Bryan Hickman

No. 18
- Position: Linebacker

Personal information
- Born: January 18, 1981 Mesquite, Texas
- Died: January 3, 2012 (aged 30)
- Listed height: 6 ft 2 in (1.88 m)
- Listed weight: 220 lb (100 kg)

Career information
- College: Kansas State
- NFL draft: 2004: undrafted

Career history
- Cleveland Browns;

Awards and highlights
- Second-team All-Big 12 (2003)

= Bryan Hickman =

American football player (1981–2012)

Bryan Hickman (January 3, 1981 – January 3, 2012) was an American football linebacker. He played collegiately at Kansas State and had a brief professional career before suffering a career ending knee injury.

==High school ==
Hickman attended North Mesquite High School in Mesquite, Texas and was teammates with another Kansas State linebacker, Josh Buhl.

==College career==
At Kansas State, Hickman teamed up with fellow Texas high school linebackers, Terry Pierce and Josh Buhl to make a formidable linebacking crew for the Wildcats. In a home game against Iowa State in 2002, he recorded double-digit tackles, a tackle for loss, an interception and a forced fumble.
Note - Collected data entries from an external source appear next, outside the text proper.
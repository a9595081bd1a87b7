-- ===== src/KAnonymity/Cohorts.antt =====
-- rust-api/src/gateway/k_anonymity.rs: `merge_small_cohorts` and `cohort_distance`. The hash map of
-- cohorts is an association list; its order stands for the map's iteration order.
use Prim.Native.Char.{code}
use angavu_intelligence_back.Common.{
  ℕ, suc, ◌+◌, ◌-◌, not, Option, none, some, List, [], ◌∷◌, ◌++◌, String, str_eq, same_text, length,
  ltb, leb, ◌==◌, retain, if◌then◌else◌,
}
use angavu_intelligence_back.KAnonymity.{KAnonymityEnforcer}

abbrev pub Cohorts : Type 0
Cohorts = List (String × List String)

-- `split('|')` of a text, as the list of its parts.
push_front : ℕ → List (List ℕ) → List (List ℕ)
push_front c [] = (c ∷ []) ∷ []
push_front c (part ∷ parts) = (c ∷ part) ∷ parts

split_bar : String → List (List ℕ)
unfolding push_front
split_bar String.[] = [] ∷ []
split_bar (String.◌∷◌ c s) =
    let rest = split_bar s in if code c == b'|' then [] ∷ rest else push_front (code c) rest

differing : List (List ℕ) → List (List ℕ) → ℕ
unfolding same_text
differing (a ∷ as_) (b ∷ bs) =
    let rest = differing as_ bs in if same_text a b then rest else suc rest
differing _ _ = 0

abbrev abs_diff : ℕ → ℕ → ℕ
abs_diff a b = if leb b a then a - b else b - a

unfoldable pub cohort_distance : String → String → ℕ
unfolding split_bar differing
cohort_distance a b =
    let parts_a = split_bar a in
    let parts_b = split_bar b in
    differing parts_a parts_b + abs_diff (length parts_a) (length parts_b)

-- `min_by_key` of the keys: the first of the nearest.
closer : String → String × List String → String → String
closer key e best = if leb (cohort_distance key e.0) (cohort_distance key best) then e.0 else best

unfoldable pub nearest : String → Cohorts → Option String
unfolding closer
nearest key [] = none
nearest key (e ∷ cohorts) = elim (nearest key cohorts) [
  | none ↦ some e.0
  | some best ↦ some (closer key e best)
]

unfoldable pub get : String → Cohorts → Option (List String)
get key [] = none
get key ((j, members) ∷ cohorts) = if str_eq j key then some members else get key cohorts

unfoldable pub remove : String → Cohorts → Cohorts
remove key = retain (λ e. not (str_eq e.0 key))

-- `cohorts.entry(target).or_default().extend(members)`, for a target that is present.
unfoldable pub extend : String → List String → Cohorts → Cohorts
extend target members [] = []
extend target members ((j, old) ∷ cohorts) =
    (j, if str_eq j target then old ++ members else old) ∷ extend target members cohorts

unfoldable pub absorb : List String → Cohorts → Option String → Cohorts
absorb members cohorts none = cohorts
absorb members cohorts (some target) = extend target members cohorts

-- One round of the loop.
unfoldable pub merge_one : String → Cohorts → Cohorts
unfolding absorb
merge_one small_key cohorts = elim (get small_key cohorts) [
  | none ↦ cohorts
  | some members ↦
      let rest = remove small_key cohorts in absorb members rest (nearest small_key rest)
]

unfoldable pub merge_all : List String → Cohorts → Cohorts
merge_all [] cohorts = cohorts
merge_all (small_key ∷ keys) cohorts = merge_all keys (merge_one small_key cohorts)

unfoldable pub small_cohorts : ℕ → Cohorts → List String
small_cohorts k [] = []
small_cohorts k ((key, members) ∷ cohorts) =
    let rest = small_cohorts k cohorts in if ltb (length members) k then key ∷ rest else rest

unfoldable pub merge_small_cohorts : KAnonymityEnforcer → Cohorts → Cohorts
unfolding small_cohorts
merge_small_cohorts enforcer cohorts = merge_all (small_cohorts enforcer.k cohorts) cohorts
Hickman finished his career at Kansas State as part of the conference championship team beating #1 Oklahoma and a berth in the Fiesta Bowl and second team All-Big 12. Hickman totaled four interceptions. He graduated with a degree in business.

==Professional career==
Bryan was with the NFL's Cleveland Browns when a knee injury ended his career.

==Death==
He died via suicide in January 2012.